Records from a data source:
______
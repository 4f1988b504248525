-- ===== src/Protocol/Logical/Decode.antt =====
-- The decoder of a cursor on any bytes, and what a valid cursor is
-- (crates/shard-stream-protocol/src/logical.rs).
use shard_stream.Prelude.{
  ℕ, zero, suc, ◌≤◌, ◌<◌, ◌≡◌, ◌⊎◌, ◌↔◌, inl, inr, refl, true, false, not, List, [], ◌∷◌, ltb, leb,
  ◌==◌, length, take, drop, checked_add, checked_sub, usize_mod, arith, ltb→le, le→ltb, leb→lt,
  lt→leb, not-true, gt→ne, Bool-cases,
}
use shard_stream.Prelude.Bytes.{Bytes, from_le, slice, bytes_eq}
use shard_stream.Prelude.Results.{
  ok, err, guard, Any, Ensures, holds, fails, Ensures-bind, Ensures-cases, ok_or-Ensures,
  guard-Ensures, if-Ensures, Ensures-weaken, Ensures-self, bind-ok, guard-eq-ok,
}
use shard_stream.Protocol.Logical.{
  ActiveActiveCursorPosition, LogicalCursorPosition, passive_position, active_position,
  LogicalTopicCursor, LogicalCursorError, Decoder, TopicHaMode, active_passive, active_active,
  validate, validate_position, unsorted, any_zero_epoch, invalid_generation,
  invalid_membership_epoch, empty_origins, too_many_origins, origins_not_canonical,
  invalid_writer_epoch, take_bytes, word, decode_mode, read_positions, read_position, decode_body,
  decode, truncated, length_overflow, invalid_magic, cursor_magic, unsupported_version,
  reserved_bits, trailing_bytes, checksum_mismatch, is_empty,
}

-- The identifiers of the origins grow.
abbrev Ascends : List ActiveActiveCursorPosition → Type 0
Ascends [] = Unit {0}
Ascends (p ∷ []) = Unit {0}
Ascends (p ∷ (q ∷ ps)) = (p.origin_id < q.origin_id) × Ascends (q ∷ ps)

abbrev AllEpochs : List ActiveActiveCursorPosition → Type 0
AllEpochs [] = Unit {0}
AllEpochs (p ∷ ps) = (0 < p.writer_epoch) × AllEpochs ps

abbrev IsPosition : LogicalCursorPosition → Type 0
IsPosition (passive_position n) = Unit {0}
IsPosition (active_position m ps) =
    (0 < m) × (0 < length ps) × (length ps ≤ 1024) × Ascends ps × AllEpochs ps

abbrev pub IsValid : LogicalTopicCursor → Type 0
IsValid c = (0 < c.data_generation) × IsPosition c.position

unsorted_iff : (ps : List ActiveActiveCursorPosition) → (unsorted ps ≡ false) ↔ Ascends ps
unfolding unsorted
unsorted_iff [] = ((λ h. tt), (λ h. refl))
unsorted_iff (p ∷ []) = ((λ h. tt), (λ h. refl))
unsorted_iff (p ∷ (q ∷ ps)) =
    let rest = unsorted_iff (q ∷ ps) in
    (
      (λ h. elim (Bool-cases (leb q.origin_id p.origin_id)) [
        | inl down ↦ absurd (ground (arith, h, down))
        | inr up ↦ (leb→lt _ _ up, rest.0 (rw up at h))
      ]),
      (λ h. rw (lt→leb q.origin_id p.origin_id h.0) (rest.1 h.1)),
    )

any_zero_epoch_iff :
    (ps : List ActiveActiveCursorPosition) → (any_zero_epoch ps ≡ false) ↔ AllEpochs ps
unfolding any_zero_epoch
any_zero_epoch_iff [] = ((λ h. tt), (λ h. refl))
any_zero_epoch_iff (p ∷ ps) =
    let rest = any_zero_epoch_iff ps in
    (
      (λ h. elim (Bool-cases (p.writer_epoch == 0)) [
        | inl zero_epoch ↦ absurd (ground (arith, h, zero_epoch))
        | inr fine ↦ (ground (arith, fine), rest.0 (rw fine at h))
      ]),
      (λ h. rw (gt→ne p.writer_epoch 0 h.0) (rest.1 h.1)),
    )

nonzero : (n : ℕ) → not (n == 0) ≡ true → 0 < n
nonzero n h = ground arith

validate_position_iff : (p : LogicalCursorPosition) → (validate_position p ≡ ok tt) ↔ IsPosition p
unfolding validate_position
validate_position_iff (passive_position n) = ((λ h. tt), (λ h. refl))
validate_position_iff (active_position m ps) = (
  (λ h.
      let (_, e1, h1) = bind-ok (guard (not (m == 0)) invalid_membership_epoch) _ h in
      let (_, e2, h2) = bind-ok (guard (not (length ps == 0)) empty_origins) _ h1 in
      let (_, e3, h3) = bind-ok (guard (not (ltb 1024 (length ps))) too_many_origins) _ h2 in
      let (_, e4, h4) = bind-ok (guard (not (unsorted ps)) origins_not_canonical) _ h3 in
      (
        nonzero m (guard-eq-ok _ invalid_membership_epoch e1),
        nonzero (length ps) (guard-eq-ok _ empty_origins e2),
        ltb→le 1024 (length ps) (not-true _ (guard-eq-ok _ too_many_origins e3)),
        (unsorted_iff ps).0 (not-true _ (guard-eq-ok _ origins_not_canonical e4)),
        (any_zero_epoch_iff ps).0 (not-true _ (guard-eq-ok _ invalid_writer_epoch h4)),
      )),
  (λ v.
      rw
        (
          gt→ne m 0 v.0,
          gt→ne (length ps) 0 v.1,
          le→ltb 1024 (length ps) v.2,
          (unsorted_iff ps).1 v.3,
          (any_zero_epoch_iff ps).1 v.4,
        )
        refl),
)

-- A cursor is valid exactly when its generation is not zero and, for several origins, the membership
-- epoch and every writer epoch are not zero, and there are 1 to 1024 origins, in growing order.
pub validate_cursor_iff : (c : LogicalTopicCursor) → (validate c ≡ ok tt) ↔ IsValid c
unfolding validate
validate_cursor_iff c =
    let place = validate_position_iff c.position in
    (
      (λ h.
          let (_, e, h1) = bind-ok (guard (not (c.data_generation == 0)) invalid_generation) _ h in
          (nonzero c.data_generation (guard-eq-ok _ invalid_generation e), place.0 h1)),
      (λ v. rw (gt→ne c.data_generation 0 v.0) (place.1 v.1)),
    )

take_bytes-Ensures : (n : ℕ) (d : Decoder) → Ensures Any (take_bytes n d)
unfolding take_bytes
take_bytes-Ensures n d =
    Ensures-bind (ok_or-Ensures (checked_add usize_mod d.cursor n) length_overflow)
      λ end _. Ensures-bind (ok_or-Ensures (slice d.bytes d.cursor end) truncated) λ x _. holds tt

word-Ensures : (n : ℕ) (d : Decoder) → Ensures Any (word n d)
unfolding word
word-Ensures n d = Ensures-bind (take_bytes-Ensures n d) λ r _. holds tt

decode_mode-Ensures : (v : ℕ) → Ensures Any (decode_mode v)
unfolding decode_mode
decode_mode-Ensures v =
    if-Ensures (v == 1) (λ _. holds tt) (λ _. if-Ensures (v == 2) (λ _. holds tt) (λ _. fails))

read_positions-Ensures : (count : ℕ) (d : Decoder) → Ensures Any (read_positions count d)
unfolding read_positions
read_positions-Ensures zero d = holds tt
read_positions-Ensures (suc count) d = Ensures-bind (word-Ensures 4 d) λ a _.
    Ensures-bind (word-Ensures 4 a.1) λ b _.
      Ensures-bind (word-Ensures 8 b.1)
        λ c _. Ensures-bind (read_positions-Ensures count c.1) λ r _. holds tt

read_position-Ensures : (mode : TopicHaMode) (d : Decoder) → Ensures Any (read_position mode d)
unfolding read_position
read_position-Ensures active_passive d = Ensures-bind (word-Ensures 8 d) λ r _. holds tt
read_position-Ensures active_active d = Ensures-bind (word-Ensures 8 d) λ a _.
    Ensures-bind (word-Ensures 4 a.1) λ b _.
      Ensures-bind (guard-Ensures (not (ltb 1024 b.0)) too_many_origins)
        λ _ _. Ensures-bind (read_positions-Ensures b.0 b.1) λ r _. holds tt

validate_position-Ensures : (p : LogicalCursorPosition) → Ensures Any (validate_position p)
unfolding validate_position
validate_position-Ensures (passive_position n) = holds tt
validate_position-Ensures (active_position m ps) =
    Ensures-bind (guard-Ensures (not (m == 0)) invalid_membership_epoch) λ _ _.
      Ensures-bind (guard-Ensures (not (length ps == 0)) empty_origins) λ _ _.
        Ensures-bind (guard-Ensures (not (ltb 1024 (length ps))) too_many_origins) λ _ _.
          Ensures-bind (guard-Ensures (not (unsorted ps)) origins_not_canonical)
            λ _ _. Ensures-weaken (guard-Ensures (not (any_zero_epoch ps)) invalid_writer_epoch)

validate-Ensures : (c : LogicalTopicCursor) → Ensures (λ _. validate c ≡ ok tt) (validate c)
validate-Ensures c = Ensures-self (validate c) (runs c)
  where
    runs : (d : LogicalTopicCursor) → Ensures Any (validate d)
    runs d =
        unfold validate in
        Ensures-bind (guard-Ensures (not (d.data_generation == 0)) invalid_generation)
          λ _ _. validate_position-Ensures d.position

decode_body-Ensures : (d : Decoder) → Ensures IsValid (decode_body d)
unfolding decode_body
decode_body-Ensures d = Ensures-bind (take_bytes-Ensures 8 d) λ r0 _.
    Ensures-bind (guard-Ensures (bytes_eq r0.0 cursor_magic) invalid_magic) λ _ _.
      Ensures-bind (word-Ensures 2 r0.1) λ r1 _.
        Ensures-bind (guard-Ensures (r1.0 == 1) (unsupported_version r1.0)) λ _ _.
          Ensures-bind (word-Ensures 1 r1.1) λ r2 _.
            Ensures-bind (decode_mode-Ensures r2.0) λ mode _.
              Ensures-bind (word-Ensures 1 r2.1) λ r3 _.
                Ensures-bind (guard-Ensures (r3.0 == 0) reserved_bits) λ _ _.
                  Ensures-bind (word-Ensures 16 r3.1) λ topic _.
                    Ensures-bind (word-Ensures 4 topic.1) λ partition _.
                      Ensures-bind (word-Ensures 8 partition.1) λ generation _.
                        Ensures-bind (read_position-Ensures mode generation.1) λ place _.
                          Ensures-bind (guard-Ensures (is_empty place.1) trailing_bytes) λ _ _.
                            let c : LogicalTopicCursor = record {
                              topic_partition = record {
                                topic_id = topic.0;
                                partition_id = partition.0;
                              };
                              data_generation = generation.0;
                              position = place.0;
                            } in
                            Ensures-bind (validate-Ensures c)
                              λ _ v. holds ((validate_cursor_iff c).0 v)

decode-Ensures : (crc : Bytes → ℕ) (bytes : Bytes) → Ensures IsValid (decode crc bytes)
unfolding decode
decode-Ensures crc bytes =
    Ensures-bind (guard-Ensures (not (ltb (length bytes) 52)) truncated) λ _ _.
      Ensures-bind (ok_or-Ensures (checked_sub (length bytes) 4) truncated) λ n _.
        Ensures-bind
          (guard-Ensures (crc (take n bytes) == from_le (drop n bytes)) checksum_mismatch)
          λ _ _. decode_body-Ensures _

-- On any bytes the decoder of a cursor returns an error or a valid cursor, and does not panic.
pub decode_total :
    (crc : Bytes → ℕ) (bytes : Bytes)
    → ((e : LogicalCursorError) × (decode crc bytes ≡ err e))
      ⊎ ((c : LogicalTopicCursor) × (decode crc bytes ≡ ok c) × IsValid c)
decode_total crc bytes = Ensures-cases (decode-Ensures crc bytes)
______
__TASK DETAILS__.
From the records above, transcribe exactly the run of lines that opens with the line holding "Ensures-bind (guard-Ensures (not (ltb 1024 b.0))" and closes with the line holding "Ensures-bind (word-Ensures 4 topic.1)", both included.

__TASK OUTPUT__.
      Ensures-bind (guard-Ensures (not (ltb 1024 b.0)) too_many_origins)
        λ _ _. Ensures-bind (read_positions-Ensures b.0 b.1) λ r _. holds tt

validate_position-Ensures : (p : LogicalCursorPosition) → Ensures Any (validate_position p)
unfolding validate_position
validate_position-Ensures (passive_position n) = holds tt
validate_position-Ensures (active_position m ps) =
    Ensures-bind (guard-Ensures (not (m == 0)) invalid_membership_epoch) λ _ _.
      Ensures-bind (guard-Ensures (not (length ps == 0)) empty_origins) λ _ _.
        Ensures-bind (guard-Ensures (not (ltb 1024 (length ps))) too_many_origins) λ _ _.
          Ensures-bind (guard-Ensures (not (unsorted ps)) origins_not_canonical)
            λ _ _. Ensures-weaken (guard-Ensures (not (any_zero_epoch ps)) invalid_writer_epoch)

validate-Ensures : (c : LogicalTopicCursor) → Ensures (λ _. validate c ≡ ok tt) (validate c)
validate-Ensures c = Ensures-self (validate c) (runs c)
  where
    runs : (d : LogicalTopicCursor) → Ensures Any (validate d)
    runs d =
        unfold validate in
        Ensures-bind (guard-Ensures (not (d.data_generation == 0)) invalid_generation)
          λ _ _. validate_position-Ensures d.position

decode_body-Ensures : (d : Decoder) → Ensures IsValid (decode_body d)
unfolding decode_body
decode_body-Ensures d = Ensures-bind (take_bytes-Ensures 8 d) λ r0 _.
    Ensures-bind (guard-Ensures (bytes_eq r0.0 cursor_magic) invalid_magic) λ _ _.
      Ensures-bind (word-Ensures 2 r0.1) λ r1 _.
        Ensures-bind (guard-Ensures (r1.0 == 1) (unsupported_version r1.0)) λ _ _.
          Ensures-bind (word-Ensures 1 r1.1) λ r2 _.
            Ensures-bind (decode_mode-Ensures r2.0) λ mode _.
              Ensures-bind (word-Ensures 1 r2.1) λ r3 _.
                Ensures-bind (guard-Ensures (r3.0 == 0) reserved_bits) λ _ _.
                  Ensures-bind (word-Ensures 16 r3.1) λ topic _.
                    Ensures-bind (word-Ensures 4 topic.1) λ partition _.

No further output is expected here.